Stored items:
^^^^
-- ===== src/Storage/Memory/Changes.antt =====
-- pkg/storage/memory/memory.go: `ReadChanges`. ULIDs are numbers; `ulid.Parse` and `String` are parameters. The horizon
-- is not negative.
pub mod Later
pub mod Followed
use mathlib.Core.List.{reverse}
use kengen.Base.{
  ℕ, zero, suc, ◌+◌, Text, text, text_eq, has_prefix, Bool, true, false, not, ◌&&◌, ◌||◌, Option,
  none, some, List, [], ◌∷◌, ◌++◌, map, foldl, length, take, ltb, leb, ◌==◌, if◌then◌else◌,
}
use kengen.Storage.Record.{
  TupleChange, TupleChangeRec, Result, ok, err, not_found, invalid_continuation_token,
}
use kengen.Storage.Memory.Write.{TupleBackend}
use kengen.Storage.Memory.Read.{PaginationOptions}
use kengen.Storage.Memory.Pages.{page_size_of}

pub record ReadChangesFilter : Type 0 where
  pub object_type : Text
  pub horizon_offset : ℕ

pub record ReadChangesOptions : Type 0 where
  pub pagination : PaginationOptions
  pub sort_desc : Bool

-- The change is not after the one of the token, in the order of the listing.
unfoldable pub passed : Bool → Option ℕ → ℕ → Bool
passed sort_desc none ulid = false
passed sort_desc (some from) ulid =
    if not sort_desc && leb ulid from then true else sort_desc && leb from ulid

unfoldable pub of_type : {C : Type 0} → ReadChangesFilter → TupleChangeRec C → Bool
of_type f c =
    text_eq f.object_type [] || has_prefix c.change.tuple_key.object (f.object_type ++ text ":")

-- The timestamp is after `now.Add(-horizonOffset)`.
unfoldable pub too_new : {C : Type 0} → ReadChangesFilter → ℕ → TupleChangeRec C → Bool
too_new f now c = ltb now (c.change.timestamp + f.horizon_offset)

module _ {C : Type 0} where
  -- The loop that collects the changes; a change after the horizon ends it.
  unfoldable pub changes_loop :
      ReadChangesFilter → ℕ → Bool → Option ℕ → List (TupleChangeRec C) → List (TupleChangeRec C)
  unfolding passed of_type too_new
  changes_loop f now sort_desc from [] = []
  changes_loop f now sort_desc from (c ∷ cs) =
      let rest = changes_loop f now sort_desc from cs in
      if of_type f c
      then (if too_new f now c then [] else if passed sort_desc from c.ulid then rest else c ∷ rest)
      else rest

  -- The ULID of the last change of a page.
  unfoldable pub last_ulid : ℕ → List (TupleChangeRec C) → ℕ
  last_ulid u cs = foldl (λ _ c. c.ulid) u cs

  -- The page of the changes that were collected
  unfoldable pub changes_page :
      (ℕ → Text)
      → ReadChangesOptions
      → List (TupleChangeRec C)
      → Result C (List (TupleChange C) × Text)
  unfolding last_ulid
  changes_page ulid_string options all_changes =
      let page_size = page_size_of options.pagination.page_size in
      let ordered = if options.sort_desc then reverse all_changes else all_changes in
      let to = if ltb (length ordered) page_size then length ordered else page_size in
      if length all_changes == 0
      then err not_found
      else if to == 0
      then err not_found
      else ok (map (λ c. c.change) (take to ordered), ulid_string (last_ulid 0 (take to ordered)))

  unfoldable pub parse_from : (Text → Option ℕ) → Text → Result C (Option ℕ)
  parse_from ulid_parse token =
      if text_eq token []
      then ok none
      else elim (ulid_parse token) [ none ↦ err invalid_continuation_token | some u ↦ ok (some u) ]

  -- `MemoryBackend.ReadChanges`
  unfoldable pub read_changes :
      (Text → Option ℕ)
      → (ℕ → Text)
      → ℕ
      → TupleBackend C
      → Text
      → ReadChangesFilter
      → ReadChangesOptions
      → Result C (List (TupleChange C) × Text)
  unfolding changes_loop changes_page parse_from
  read_changes ulid_parse ulid_string now s store f options =
      elim (parse_from ulid_parse options.pagination.from) [
        | err e ↦ err e
        | ok from ↦
            changes_page ulid_string options
              (changes_loop f now options.sort_desc from (s.changes store))
      ]
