-- ===== src/Storage/Memory/Changes/Later.antt =====
-- The changes that `ReadChanges` collects, oldest first, and those later than a ULID.

use kengen.Base.{
  ℕ, zero, suc, ◌≤◌, ◌<◌, ◌≡◌, refl, sym, ap, ◌∙◌, subst, true, false, not, Option, none, some,
  List, [], ◌∷◌, take, drop, filter, leb, arith, All, All-filter, Bool-cases, if◌then◌else◌, inl,
  inr,
}
use kengen.Storage.Record.{TupleChangeRec}
use kengen.Storage.Memory.Changes.{
  ReadChangesFilter, passed, of_type, too_new, changes_loop, last_ulid,
}

module _ {C : Type 0} where
  -- Later changes have greater ULIDs.
  abbrev pub Ascending : List (TupleChangeRec C) → Type 0
  Ascending [] = Unit {0}
  Ascending (c ∷ cs) = All (λ d. c.ulid < d.ulid) cs × Ascending cs

  -- The changes of the type of the filter, up to the first one after the horizon.
  abbrev pub visible : ReadChangesFilter → ℕ → List (TupleChangeRec C) → List (TupleChangeRec C)
  visible f now [] = []
  visible f now (c ∷ cs) =
      let rest = visible f now cs in
      if of_type f c then (if too_new f now c then [] else c ∷ rest) else rest

  abbrev pub later_than : Option ℕ → List (TupleChangeRec C) → List (TupleChangeRec C)
  later_than none cs = cs
  later_than (some u) cs = filter (λ c. not (leb c.ulid u)) cs

  pub changes_loop_lem :
      (f : ReadChangesFilter) (now : ℕ) (from : Option ℕ) (cs : List (TupleChangeRec C))
      → changes_loop f now false from cs ≡ later_than from (visible f now cs)
  unfolding changes_loop passed
  changes_loop_lem f now none [] = refl
  changes_loop_lem f now (some u) [] = refl
  changes_loop_lem f now none (c ∷ cs) = rw (changes_loop, changes_loop_lem f now none cs) refl
  changes_loop_lem f now (some u) (c ∷ cs) =
      let rest = changes_loop_lem f now (some u) cs in ground arith

  All-visible :
      (P : TupleChangeRec C → Type 0) (f : ReadChangesFilter) (now : ℕ)
      (cs : List (TupleChangeRec C))
      → All P cs
      → All P (visible f now cs)
  All-visible P f now [] a = tt
  All-visible P f now (c ∷ cs) a = elim (Bool-cases (of_type f c)) [
    | inr e ↦ rw e (All-visible P f now cs a.1)
    | inl e ↦ elim (Bool-cases (too_new f now c)) [
      | inl k ↦ rw (e, k) tt
      | inr k ↦ rw (e, k) (a.0, All-visible P f now cs a.1)
    ]
  ]

  pub Ascending-visible :
      (f : ReadChangesFilter) (now : ℕ) (cs : List (TupleChangeRec C))
      → Ascending cs
      → Ascending (visible f now cs)
  Ascending-visible f now [] a = tt
  Ascending-visible f now (c ∷ cs) a = elim (Bool-cases (of_type f c)) [
    | inr e ↦ rw e (Ascending-visible f now cs a.1)
    | inl e ↦ elim (Bool-cases (too_new f now c)) [
      | inl k ↦ rw (e, k) tt
      | inr k ↦
          rw (e, k)
            (All-visible (λ d. c.ulid < d.ulid) f now cs a.0, Ascending-visible f now cs a.1)
    ]
  ]

  later_than-All :
      (u : ℕ) (cs : List (TupleChangeRec C))
      → All (λ d. u < d.ulid) cs
      → later_than (some u) cs ≡ cs
  later_than-All u [] a = refl
  later_than-All u (c ∷ cs) a = let rest = later_than-All u cs a.1 in let big = a.0 in ground arith

  -- The changes later than two ULIDs, the second at least the first, are those later than the second.
  later_than-later_than :
      (u w : ℕ) (cs : List (TupleChangeRec C))
      → u ≤ w
      → later_than (some w) (later_than (some u) cs) ≡ later_than (some w) cs
  later_than-later_than u w [] h = refl
  later_than-later_than u w (c ∷ cs) h = let rest = later_than-later_than u w cs h in ground arith

  later_than-above :
      (u : ℕ) (cs : List (TupleChangeRec C)) → All (λ d. u < d.ulid) (later_than (some u) cs)
  later_than-above u [] = tt
  later_than-above u (c ∷ cs) = elim (Bool-cases (leb c.ulid u)) [
    | inl e ↦ rw e (later_than-above u cs)
    | inr e ↦ rw e (ground (arith, e), later_than-above u cs)
  ]

  pub Ascending-later_than :
      (from : Option ℕ) (cs : List (TupleChangeRec C))
      → Ascending cs
      → Ascending (later_than from cs)
  Ascending-later_than none cs a = a
  Ascending-later_than (some u) [] a = tt
  Ascending-later_than (some u) (c ∷ cs) a = elim (Bool-cases (leb c.ulid u)) [
    | inl e ↦ rw e (Ascending-later_than (some u) cs a.1)
    | inr e ↦ rw e (
      All-filter (λ d. c.ulid < d.ulid) (λ d. not (leb d.ulid u)) cs a.0,
      Ascending-later_than (some u) cs a.1,
    )
  ]

  -- The changes later than one that is left are found among those that are left.
  pub later_than-left :
      (from : Option ℕ) (all_seen : List (TupleChangeRec C)) (c : TupleChangeRec C)
      (cs : List (TupleChangeRec C)) (w : ℕ)
      → later_than from all_seen ≡ c ∷ cs
      → c.ulid ≤ w
      → later_than (some w) all_seen ≡ later_than (some w) (c ∷ cs)
  later_than-left none all_seen c cs w k h = ap (later_than (some w)) k
  later_than-left (some u) all_seen c cs w k h =
      let above : All (λ d. u < d.ulid) (c ∷ cs) =
        subst (All (λ d. u < d.ulid)) k (later_than-above u all_seen) in
      sym (later_than-later_than u w all_seen (omega (arith, above.0, h)))
      ∙ ap (later_than (some w)) k

  pub last_ulid-bound :
      (u n : ℕ) (cs : List (TupleChangeRec C))
      → All (λ d. u < d.ulid) cs
      → Ascending cs
      → u ≤ last_ulid u (take n cs)
  unfolding last_ulid
  last_ulid-bound u zero cs a as' = omega arith
  last_ulid-bound u (suc n) [] a as' = omega arith
  last_ulid-bound u (suc n) (c ∷ cs) a as' =
      omega (arith, last_ulid-bound c.ulid n cs as'.0 as'.1, a.0)

  -- The changes later than the last of a page are those behind the page.
  pub later_than-last_ulid :
      (c : TupleChangeRec C) (n : ℕ) (cs : List (TupleChangeRec C))
      → Ascending (c ∷ cs)
      → later_than (some (last_ulid c.ulid (take n cs))) (c ∷ cs) ≡ drop n cs
  unfolding last_ulid
  later_than-last_ulid c zero cs a = let rest = later_than-All c.ulid cs a.0 in ground (arith, rest)
  later_than-last_ulid c (suc n) [] a = ground arith
  later_than-last_ulid c (suc n) (d ∷ ds) a =
      let rest = later_than-last_ulid d n ds a.1 in
      let bound = last_ulid-bound d.ulid n ds a.1.0 a.1.1 in
      let small : leb c.ulid (last_ulid d.ulid (take n ds)) ≡ true = ground (arith, bound, a.0.0) in
      rw small rest
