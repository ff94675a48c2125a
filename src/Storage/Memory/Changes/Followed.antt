-- ===== src/Storage/Memory/Changes/Followed.antt =====
-- The changes that a client of `ReadChanges` gets that follows the continuation tokens.
use mathlib.Core.Option.{none-ne-some}
use kengen.Base.{
  ℕ, zero, suc, ◌≤◌, ◌<◌, Text, text_eq, text_eq_refl, text_eq_iff, ◌≡◌, refl, sym, ap, ◌∙◌, subst,
  false, Option, none, some, List, [], ◌∷◌, ◌++◌, map, length, take, take_all, take-append-drop,
  length-drop, map-append, ◌==◌, drop, ltb, arith, Bool-cases, inl, inr,
}
use kengen.Storage.Record.{TupleChange, TupleChangeRec, Result, ok, err, not_found}
use kengen.Storage.Iterators.Streams.{List-cases}
use kengen.Storage.Memory.Write.{TupleBackend}
use kengen.Storage.Memory.Pages.{page_size_of}
use kengen.Storage.Memory.Changes.{
  ReadChangesFilter, last_ulid, changes_page, parse_from, read_changes,
}
use kengen.Storage.Memory.Changes.Later.{
  Ascending, Ascending-later_than, Ascending-visible, changes_loop_lem, last_ulid-bound, later_than,
  later_than-last_ulid, later_than-left, visible,
}

page_size_positive : (p : ℕ) → (size : ℕ) × (page_size_of p ≡ suc size)
page_size_positive zero = (49, refl)
page_size_positive (suc n) = (n, refl)

nonzero : (n : ℕ) → (suc n == 0) ≡ false
nonzero n = ground arith

module _ {C : Type 0} where
  take_short :
      (n : ℕ) (cs : List (TupleChangeRec C)) → length cs ≤ n → take (length cs) cs ≡ take n cs
  take_short n cs h = take_all (length cs) cs (omega arith) ∙ sym (take_all n cs h)

  changes_page_lem :
      (ulid_string : ℕ → Text) (p size : ℕ) (token : Text) (c : TupleChangeRec C)
      (cs : List (TupleChangeRec C))
      → page_size_of p ≡ suc size
      → changes_page ulid_string
          (record { pagination = record { page_size = p; from = token }; sort_desc = false })
          (c ∷ cs)
        ≡ ok (map (λ x. x.change) (c ∷ take size cs), ulid_string (last_ulid c.ulid (take size cs)))
  unfolding changes_page last_ulid
  changes_page_lem ulid_string p size token c cs h =
      elim (Bool-cases (ltb (suc (length cs)) (suc size))) [
        | inl e ↦
            rw (changes_page, h, e, nonzero (length cs), take_short size cs (ground (arith, e)))
              refl
        | inr e ↦ rw (changes_page, h, e, nonzero (length cs), nonzero size) refl
      ]

  -- A client that asks for the page of each token it gets, until the datastore has no further change; `none` when it runs
  -- out of rounds or a page fails.
  unfoldable pub follow_changes :
      (Text → Result C (List (TupleChange C) × Text)) → ℕ → Text → Option (List (TupleChange C))
  follow_changes read zero token = none
  follow_changes read (suc fuel) token = elim (read token) [
    | err not_found ↦ some []
    | err e ↦ none
    | ok (xs, next) ↦
        let more = follow_changes read fuel next in
        elim more [ none ↦ none | some rest ↦ some (xs ++ rest) ]
  ]

  follow_changes-page :
      (read : Text → Result C (List (TupleChange C) × Text)) (fuel : ℕ) (token next : Text)
      (xs others : List (TupleChange C))
      → read token ≡ ok (xs, next)
      → follow_changes read fuel next ≡ some others
      → follow_changes read (suc fuel) token ≡ some (xs ++ others)
  unfolding follow_changes
  follow_changes-page read fuel token next xs others h k = rw (follow_changes, h, k) refl

  follow_changes-end :
      (read : Text → Result C (List (TupleChange C) × Text)) (fuel : ℕ) (token : Text)
      → read token ≡ err not_found
      → follow_changes read (suc fuel) token ≡ some []
  unfolding follow_changes
  follow_changes-end read fuel token h = rw (follow_changes, h) refl

  changes_page-nil :
      (ulid_string : ℕ → Text) (p : ℕ) (token : Text)
      → changes_page {C = C} ulid_string
          (record { pagination = record { page_size = p; from = token }; sort_desc = false })
          []
        ≡ err not_found
  unfolding changes_page
  changes_page-nil ulid_string p token = refl

  map-take-drop :
      {B : Type 0} (g : TupleChangeRec C → B) (n : ℕ) (cs : List (TupleChangeRec C))
      → map g (take n cs) ++ map g (drop n cs) ≡ map g cs
  map-take-drop g n cs =
      sym (map-append g (take n cs) (drop n cs)) ∙ ap (map g) (take-append-drop n cs)

module _ {C : Type 0} (ulid_parse : Text → Option ℕ) (ulid_string : ℕ → Text) (now : ℕ)
    (s : TupleBackend C) (store : Text) (f : ReadChangesFilter) (p : ℕ) where
  -- `ReadChanges` from the oldest change on.
  abbrev pub page_from : Text → Result C (List (TupleChange C) × Text)
  page_from token =
      read_changes ulid_parse ulid_string now s store f
        (record { pagination = record { page_size = p; from = token }; sort_desc = false })

  abbrev seen : List (TupleChangeRec C)
  seen = visible f now (s.changes store)

  module _ (ulid_parse-ulid_string : (u : ℕ) → ulid_parse (ulid_string u) ≡ some u)
      (ulid_parse-nil : ulid_parse [] ≡ none) where
    nonempty : (u : ℕ) → text_eq (ulid_string u) [] ≡ false
    nonempty u = elim (Bool-cases (text_eq (ulid_string u) [])) [
      | inr e ↦ e
      | inl e ↦ absurd (
          none-ne-some u (
            sym ulid_parse-nil
            ∙ ap ulid_parse (sym ((text_eq_iff (ulid_string u) []).0 e))
            ∙ ulid_parse-ulid_string u))
    ]

    page_from-token :
        (u : ℕ)
        → page_from (ulid_string u)
          ≡ changes_page ulid_string
              (record {
                pagination = record { page_size = p; from = ulid_string u };
                sort_desc = false;
              })
              (later_than (some u) seen)
    unfolding read_changes parse_from
    page_from-token u =
        rw
          (
            read_changes,
            parse_from,
            nonempty u,
            ulid_parse-ulid_string u,
            changes_loop_lem f now (some u) (s.changes store),
          )
          refl

    follow_from :
        (fuel : ℕ) (from : Option ℕ) (token : Text)
        → Ascending (s.changes store)
        → page_from token
          ≡ changes_page ulid_string
              (record { pagination = record { page_size = p; from = token }; sort_desc = false })
              (later_than from seen)
        → length (later_than from seen) < fuel
        → follow_changes page_from fuel token ≡ some (map (λ c. c.change) (later_than from seen))
    follow_from zero from token a h enough = absurd (omega (arith, enough))
    follow_from (suc fuel) from token a h enough = elim (List-cases (later_than from seen)) [
      | inl k ↦ rw k (
          follow_changes-end page_from fuel token
            (h ∙ ap (changes_page ulid_string _) k ∙ changes_page-nil ulid_string p token))
      | inr (c, cs, k) ↦
          let (size, q) = page_size_positive p in
          let w = last_ulid c.ulid (take size cs) in
          let sorted : Ascending (c ∷ cs) =
            subst Ascending k
              (Ascending-later_than from seen (Ascending-visible f now (s.changes store) a)) in
          let left : later_than (some w) seen ≡ drop size cs =
            later_than-left from seen c cs w k (last_ulid-bound c.ulid size cs sorted.0 sorted.1)
            ∙ later_than-last_ulid c size cs sorted in
          let this_page =
            h
            ∙ ap (changes_page ulid_string _) k
            ∙ changes_page_lem ulid_string p size token c cs q in
          let more = follow_from fuel (some w) (ulid_string w) a (page_from-token w) (
            subst (λ z. length z < fuel) (sym left)
              (omega (arith, length-drop size cs, ap length k, enough))) in
          rw k (
            follow_changes-page page_from fuel token (ulid_string w) _ _ this_page
              (more ∙ ap (λ z. some (map (λ d. d.change) z)) left)
            ∙ ap (λ z. some (c.change ∷ z)) (map-take-drop (λ d. d.change) size cs))
    ]

    -- Reading the changes of a store page by page, oldest first, each page from the token of the one before, gives the
    -- changes of the filter's object type up to the first that is newer than the horizon, each once and in order, and ends
    -- with the error for no further change: within one round more than there are such changes. The ULIDs of the store's
    -- changes ascend, `ulid.Parse` reads what `String` prints, and it refuses an empty string.
    pub read_changes-follow :
        (fuel : ℕ)
        → Ascending (s.changes store)
        → length seen < fuel
        → follow_changes page_from fuel [] ≡ some (map (λ c. c.change) seen)
    unfolding read_changes parse_from
    read_changes-follow fuel a enough =
        follow_from fuel none [] a
          (rw
            (
              read_changes,
              parse_from,
              text_eq_refl [],
              changes_loop_lem f now none (s.changes store),
            )
            refl)
          enough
^^^^
■ WHAT THIS TASK INVOLVES: For each line above that contains the word "antt", copy that line.

■ WRITTEN RESPONSE:
-- ===== src/Storage/Memory/Changes.antt =====
-- ===== src/Storage/Memory/Changes/Later.antt =====
filename src/Storage/Memory/Changes/Followed.antt
-- ===== src/Storage/Memory/Changes/Followed.antt =====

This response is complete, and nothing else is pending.